Ministerin Stolz hob in ihrer Ansprache die besondere Bedeutung von Wossidlos Wirken hervor. „Henning Wossidlo ist eine Persönlichkeit, die über viele Jahre hinweg Verantwortung übernommen und unsere Gesellschaft nachhaltig geprägt hat. Sein Wirken steht beispielhaft für Einsatzbereitschaft, Verlässlichkeit und Gemeinsinn“, erklärte sie bei der feierlichen Übergabe.

Prägende Arbeit für Wiesbaden

Wossidlo, 1950 in Paderborn geboren, prägte die Entwicklung Wiesbadens über viele Jahre. Nach beruflichen Stationen in der Hotellerie übernahm er ab 1985 zentrale Aufgaben bei den Kurbetrieben der Stadt und wurde 1996 zum Kurdirektor berufen. Unter seiner Leitung entwickelte sich das Kurhaus zu einem international anerkannten Veranstaltungsort und stärkte Wiesbadens Position als bedeutender Standort für Kultur und Kongresse.

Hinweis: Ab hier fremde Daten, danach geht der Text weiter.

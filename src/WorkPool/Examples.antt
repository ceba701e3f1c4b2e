-- ===== src/WorkPool/Examples.antt =====
-- Two pushes and a pop.
use spack_playground.Prelude.{ℕ, ◌+◌, ◌≤◌, ◌≡◌, refl, Bool, true, List, [], ◌∷◌, arith, ltb, length}
use spack_playground.Prelude.Family.{one_if, sum_first, update}
use spack_playground.Prelude.Occurrences.{occurrences}
use spack_playground.WorkPool.{
  Pool, new_pool, push, pop, pop_from, pushes, pops, Reach, start, next,
}
use spack_playground.WorkPool.Members.{Reach-IsValid}
use spack_playground.WorkPool.Scheduler
use spack_playground.WorkPool.Scheduler.{
  Pools, Farm, new_farm, turn, listed, turns, loop, pool_index,
}
use spack_playground.WorkPool.Scheduler.Turns.{Reach-conserved}
use spack_playground.WorkPool.Scheduler.Rounds.{loop_drains}

abbrev popped : Pool
popped = (pop (push 8 (push 7 new_pool))).1

popped-Reach : Reach popped
unfolding push
popped-Reach =
    next (push 8 (push 7 new_pool)) popped
      (next (push 7 new_pool) (push 8 (push 7 new_pool))
        (next new_pool (push 7 new_pool) start (pushes new_pool 7 refl))
        (pushes (push 7 new_pool) 8 refl))
      (pops (push 8 (push 7 new_pool)))

Reach-IsValid_example : occurrences 7 popped.units ≡ one_if (popped.in_pool 7)
Reach-IsValid_example = Reach-IsValid popped popped-Reach 7

-- A unit in the second of two pools, and the round in which it is stolen.
abbrev loaded : Farm
loaded = record { pools = update (λ i. new_pool) 1 (push 7 new_pool); pushed = 7 ∷ []; ran = [] }

abbrev stolen : Farm
stolen = record {
  pools = (turn 2 5 loaded.pools).1;
  pushed = 7 ∷ [];
  ran = listed (turn 2 5 loaded.pools).0;
}

stolen_seven : stolen.ran ≡ 7 ∷ []
unfolding push pop pop_from
stolen_seven = refl

stolen-Reach : Scheduler.Reach 2 stolen
stolen-Reach =
    Scheduler.next loaded stolen
      (Scheduler.next new_farm loaded Scheduler.start (Scheduler.pushes new_farm 1 7 (omega arith)))
      (turns loaded 5)

Reach-conserved_example :
    occurrences 7 stolen.pushed
    ≡ occurrences 7 stolen.ran + sum_first 2 (λ i. occurrences 7 (stolen.pools i).units)
Reach-conserved_example = Reach-conserved 2 stolen (omega arith) stolen-Reach 7

abbrev queued : Farm
queued = record { pools = update (λ i. new_pool) 0 (push 7 new_pool); pushed = 7 ∷ []; ran = [] }

loop_drains_example :
    let end : List ℕ × Pools × Bool = loop 1 (λ i. 4) (λ i. ltb 0 i) (λ j p. p) 2 0 queued.pools in
    (end.0 ≡ (queued.pools 0).units) × ((end.1 0).units ≡ []) × (end.2 ≡ true)
loop_drains_example =
    loop_drains (λ i. 4) (λ i. ltb 0 i) 1 0 queued.pools one_unit (λ j lt. ground arith) refl
  where
    one_unit : length (queued.pools 0).units ≤ 2
    one_unit = unfold push in omega arith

Zu den wichtigen Projekten seiner Amtszeit zählen der Bau der Tiefgarage unter dem Bowling Green sowie die Weiterentwicklung des Kurhauses zu einem ganzjährig stark frequentierten Veranstaltungszentrum. Auch der Umbau der Rhein-Main-Hallen zum heutigen Rhein-Main Congress Center wurde von ihm verantwortet, ein Großprojekt, das er innerhalb des vorgesehenen Zeit- und Kostenrahmens realisierte.

Engagement weit über den Beruf hinaus

Neben seiner beruflichen Tätigkeit engagierte sich Wossidlo über Jahrzehnte ehrenamtlich. Besonders hervorzuheben ist sein Einsatz für die Stiftung Bärenherz, für die er seit vielen Jahren in leitenden Funktionen tätig ist und die Weiterentwicklung des Kinderhospizes maßgeblich unterstützt hat. Darüber hinaus engagierte er sich unter anderem für die Wiesbadener Sportstiftung WISPO und den Lions Club Wiesbaden.

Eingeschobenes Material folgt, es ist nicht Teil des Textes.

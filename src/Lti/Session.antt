-- ===== src/Lti/Session.antt =====
-- The handler `Launch` of internal/lti/launch.go with the hook `LTISessionOnLaunch` of
-- internal/authn/session.go.
use Prim.Native.String.{◌++◌}
use gophercast.Prelude.{
  ℕ, String, Bool, not, Option, none, some, List, map, if◌then◌else◌, Result, ok, err, str_eq,
}
use gophercast.Text.{Codes, text_of}
use gophercast.Identity.Roles.{Launch, map_roles}
use gophercast.Identity.Session.{SessionCodec, SessionError, lifetime, mint}
use gophercast.Identity.Keys.{Cache}
use gophercast.Lti.Login.{Origin, is_https}
use gophercast.Lti.Launch.{Refusal, Service, Course, Posted, validate}

-- A status, or the session cookie with a redirect.
pub data Response : Type 0 where
  status : ℕ → Response
  session : Codes → ℕ → Bool → String → Response

-- Path and query of a URL, as `url.Parse` reads them.
abbrev pub UrlParser : Type 0
UrlParser = String → Option (String × String)

abbrev pub target_of : Option (String × String) → String
target_of none = "/"
target_of (some (path, query)) =
    if str_eq path "" then "/" else (if str_eq query "" then path else path ++ ("?" ++ query))

-- The roles of the launch, as texts.
unfoldable pub launch_roles : Launch → List String
launch_roles l = map text_of (map_roles l)

abbrev pub answer_minted :
    SessionCodec → UrlParser → Origin → Launch → Result SessionError Codes → Response
answer_minted c parse r l (err e) = status 500
answer_minted c parse r l (ok value) =
    session value (lifetime c.ttl) (is_https r) (target_of (parse l.target_link_uri))

unfoldable pub on_launch : SessionCodec → UrlParser → Origin → Launch → Response
unfolding launch_roles
on_launch c parse r l = answer_minted c parse r l (mint c l.subject (launch_roles l))

-- A launch request: whether it is a POST, what it posts if that can be parsed, and its origin.
pub record LaunchRequest : Type 0 where
  pub is_post : Bool
  pub posted : Option Posted
  pub origin : Origin

module _ {S : Type 0} (s : Service S) (c : Course)
    (hook : Option (Origin → Launch → Response)) where
  abbrev pub run_hook : Option (Origin → Launch → Response) → Origin → Launch → Response
  run_hook none r l = status 200
  run_hook (some h) r l = h r l

  abbrev pub answer_launch : Origin → Result Refusal Launch × (S × Cache) → Response × (S × Cache)
  answer_launch r (err e, after) = (status 401, after)
  answer_launch r (ok l, after) = (run_hook hook r l, after)

  abbrev pub launch_posted : Origin → Option Posted → S → Cache → Response × (S × Cache)
  launch_posted r none st cache = (status 400, (st, cache))
  launch_posted r (some p) st cache = answer_launch r (validate s c p st cache)

  unfoldable pub launch : LaunchRequest → S → Cache → Response × (S × Cache)
  launch r st cache =
      if not r.is_post then (status 405, (st, cache)) else launch_posted r.origin r.posted st cache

Ministerin Stolz betonte: „Henning Wossidlo baut Brücken – zwischen Menschen, Institutionen und Ideen. Sein Engagement reicht weit über berufliche Erfolge hinaus und zeigt, was es bedeutet, Verantwortung aktiv zu leben.“

Bedeutung des Verdienstordens

Der Hessische Verdienstorden zählt zu den höchsten Auszeichnungen des Landes. Er würdigt Persönlichkeiten, die sich in besonderer Weise um das Gemeinwohl verdient gemacht haben.

Ministerin Diana Stolz unterstrich zum Abschluss: „Mit dieser Ehrung sprechen wir Henning Wossidlo unseren Dank und unsere Anerkennung für ein Lebenswerk aus, das Wiesbaden und weit darüber hinaus bereichert hat.“

Hintergrund zum Verdienstorden

Der Hessische Verdienstorden wurde 1989 von Ministerpräsident Walter Wallmann gestiftet und 1998 um eine zweite Stufe, den Verdienstorden am Bande, ergänzt. Er wird an Menschen verliehen, die durch ihr Engagement das Zusammenleben in Hessen nachhaltig stärken und weit über das Alltägliche hinauswirken.